Personal information
- Nationality: Italian
- Born: Carmelo Bossi 15 October 1939 Milan, Italy
- Died: 23 March 2014 (aged 74) Milan, Italy
- Height: 5 ft 7 in (170 cm)
- Weight: Welterweight; Light middleweight;

Boxing career
- Stance: Orthodox

Boxing record
- Total fights: 51
- Wins: 40
- Win by KO: 10
- Losses: 8
- Draws: 3

Medal record
Representing Italy
Olympics
| Silver medal – second place | 1960 Rome | Light middleweight |
European Amateur Championships
| Silver medal – second place | 1959 Lucerne | Welterweight |

= Carmelo Bossi =

Italian boxer

Carmelo Bossi (15 October 1939 – 23 March 2014) was an Italian boxer who was the undisputed super welterweight champion of the world. Bossi boxed from 1961 to 1971 and his overall record was 40 wins (10 KOs), 8 defeats and 3 draws.

== Career ==
Bossi won a silver medal at the 1960 Olympics.

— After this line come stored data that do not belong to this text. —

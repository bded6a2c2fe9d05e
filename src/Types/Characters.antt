-- ===== src/Types/Characters.antt =====
-- src/types.rs: the text functions on digits and units.
use mathlib.Core.Path.{subst}
use gunyah_test_vmm.Base.{
  ℕ, ◌≤◌, ◌<◌, ◌≡◌, ◌⊎◌, inl, inr, refl, false, List, [], ◌∷◌, ◌++◌, Option, none, some, arith,
  ◌==◌, Option-cases, ne→==,
}
use gunyah_test_vmm.Types.Text.{
  Text, is_whitespace, trim, trim_start, trim_end, lower, to_lowercase, strip_suffix, put_back,
  drop_separators,
}
use gunyah_test_vmm.Types.Radix.{from_str_radix, scan, digit_char}
use gunyah_test_vmm.Types.Digits.{All}
use gunyah_test_vmm.Types.Guest.{mul_suffixes, find_strip}

abbrev pub IsDecimal : ℕ → Type 0
IsDecimal c = (b'0' ≤ c) × (c ≤ b'9')

abbrev pub IsHex : ℕ → Type 0
IsHex c = IsDecimal c ⊎ ((b'a' ≤ c) × (c ≤ b'f'))

abbrev pub IsVisible : ℕ → Type 0
IsVisible c = is_whitespace c ≡ false

pub All-append : (P : ℕ → Type 0) (s t : Text) → All P s → All P t → All P (s ++ t)
All-append P [] t hs ht = ht
All-append P (c ∷ s) t hs ht = (hs.0, All-append P s t hs.1 ht)

pub All-mono : (P Q : ℕ → Type 0) (s : Text) → ((c : ℕ) → P c → Q c) → All P s → All Q s
All-mono P Q [] h a = tt
All-mono P Q (c ∷ s) h a = (h c a.0, All-mono P Q s h a.1)

trim_start_lem : (s : Text) → All IsVisible s → trim_start s ≡ s
unfolding trim_start
trim_start_lem [] v = refl
trim_start_lem (c ∷ s) v = rw v.0 refl

trim_end_lem : (s : Text) → All IsVisible s → trim_end s ≡ s
unfolding trim_end
trim_end_lem [] v = refl
trim_end_lem (c ∷ []) v = rw v.0 refl
trim_end_lem (c ∷ d ∷ s) v = rw (trim_end_lem (d ∷ s) v.1) refl

pub trim_lem : (s : Text) → All IsVisible s → trim s ≡ s
unfolding trim
trim_lem s v = rw (trim_start_lem s v) (trim_end_lem s v)

lower-hex : (c : ℕ) → IsHex c → lower c ≡ c
lower-hex c h = ground arith

pub to_lowercase-append :
    (ds t : Text) → All IsHex ds → to_lowercase (ds ++ t) ≡ ds ++ to_lowercase t
unfolding to_lowercase
to_lowercase-append [] t h = refl
to_lowercase-append (c ∷ ds) t h = rw (lower-hex c h.0, to_lowercase-append ds t h.1) refl

pub to_lowercase_hex : (ds : Text) → All IsHex ds → to_lowercase ds ≡ ds
unfolding to_lowercase
to_lowercase_hex [] h = refl
to_lowercase_hex (c ∷ ds) h = rw (lower-hex c h.0, to_lowercase_hex ds h.1) refl

pub drop_separators_lem : (ds : Text) → All IsHex ds → drop_separators ds ≡ ds
unfolding drop_separators
drop_separators_lem [] h = refl
drop_separators_lem (c ∷ ds) h = ground (arith, drop_separators_lem ds h.1)

-- A suffix that begins with no digit is looked for behind the digits.
abbrev IsUnit : Text → Type 0
IsUnit [] = Unit {0}
IsUnit (c ∷ x) = ¬ IsHex c

strip_suffix-nil : (s : Text) → strip_suffix [] s ≡ some s
unfolding strip_suffix
strip_suffix-nil [] = refl
strip_suffix-nil (c ∷ s) = rw (strip_suffix-nil s) refl

abbrev behind : Text → Option Text → Option Text
behind ds none = none
behind ds (some s) = some (ds ++ s)

behind-nil : (o : Option Text) → o ≡ behind [] o
behind-nil none = refl
behind-nil (some s) = refl

put_back-behind :
    (c : ℕ) (ds : Text) (o : Option Text) → put_back c (behind ds o) ≡ behind (c ∷ ds) o
put_back-behind c ds none = refl
put_back-behind c ds (some s) = refl

hex_ne : (c d : ℕ) → IsHex c → ¬ IsHex d → (c == d) ≡ false
hex_ne c d h n = ne→== c d (λ e. n (subst IsHex e h))

strip_suffix-append :
    (x ds t : Text)
    → IsUnit x
    → All IsHex ds
    → strip_suffix x (ds ++ t) ≡ behind ds (strip_suffix x t)
unfolding strip_suffix
strip_suffix-append [] ds t u h = rw (strip_suffix-nil (ds ++ t), strip_suffix-nil t) refl
strip_suffix-append (d ∷ x) [] t u h = behind-nil (strip_suffix (d ∷ x) t)
strip_suffix-append (d ∷ x) (c ∷ ds) t u h =
    rw (hex_ne c d h.0 u, strip_suffix-append (d ∷ x) ds t u h.1)
      (put_back-behind c ds (strip_suffix (d ∷ x) t))

-- every suffix of a table begins with no digit
abbrev AllUnits : List (ℕ × Text) → Type 0
AllUnits [] = Unit {0}
AllUnits ((n, x) ∷ table) = IsUnit x × AllUnits table

pub mul_suffixes-AllUnits : AllUnits mul_suffixes
mul_suffixes-AllUnits = ground arith

abbrev with_digits : Text → Option (ℕ × Text) → Option (ℕ × Text)
with_digits ds none = none
with_digits ds (some (n, s)) = some (n, ds ++ s)

-- The search for a unit does not depend on the digits before it.
pub find_strip-append :
    (table : List (ℕ × Text)) (ds t : Text)
    → AllUnits table
    → All IsHex ds
    → find_strip strip_suffix table (ds ++ t) ≡ with_digits ds (find_strip strip_suffix table t)
unfolding find_strip
find_strip-append [] ds t u h = refl
find_strip-append ((n, x) ∷ table) ds t u h = elim (Option-cases (strip_suffix x t)) [
  | inl e ↦
      rw (find_strip, strip_suffix-append x ds t u.0 h, e) (find_strip-append table ds t u.1 h)
  | inr (s, e) ↦ rw (find_strip, strip_suffix-append x ds t u.0 h, e) refl
]

pub digit_char-IsHex : (d : ℕ) → d < 16 → IsHex (digit_char d)
digit_char-IsHex d h = ground arith

pub digit_char-IsDecimal : (d : ℕ) → d < 10 → IsDecimal (digit_char d)
digit_char-IsDecimal d h = ground arith

pub from_str_radix-scan :
    (radix c : ℕ) (s : Text) → IsHex c → from_str_radix radix (c ∷ s) ≡ scan radix 0 (c ∷ s)
unfolding from_str_radix
from_str_radix-scan radix c [] h = rw (ne→== c b'+' (ground arith)) refl
from_str_radix-scan radix c (d ∷ s) h = rw (ne→== c b'+' (ground arith)) refl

In early 1961 he turned professional and fought through 1971. In 1965 Bossi won the national and in 1967 the European welterweight title. After defending the European title twice he lost it on 14 August 1968 to Fighting Mack. In 1967 he twice fought Willie Ludick for the world welterweight title (South African Version), but lost on both occasions. In July 1970 he took the Lineal, WBC and WBA super welterweight titles by defeating Freddie Little, but lost them to Koichi Wajima in October 1971 in his last bout.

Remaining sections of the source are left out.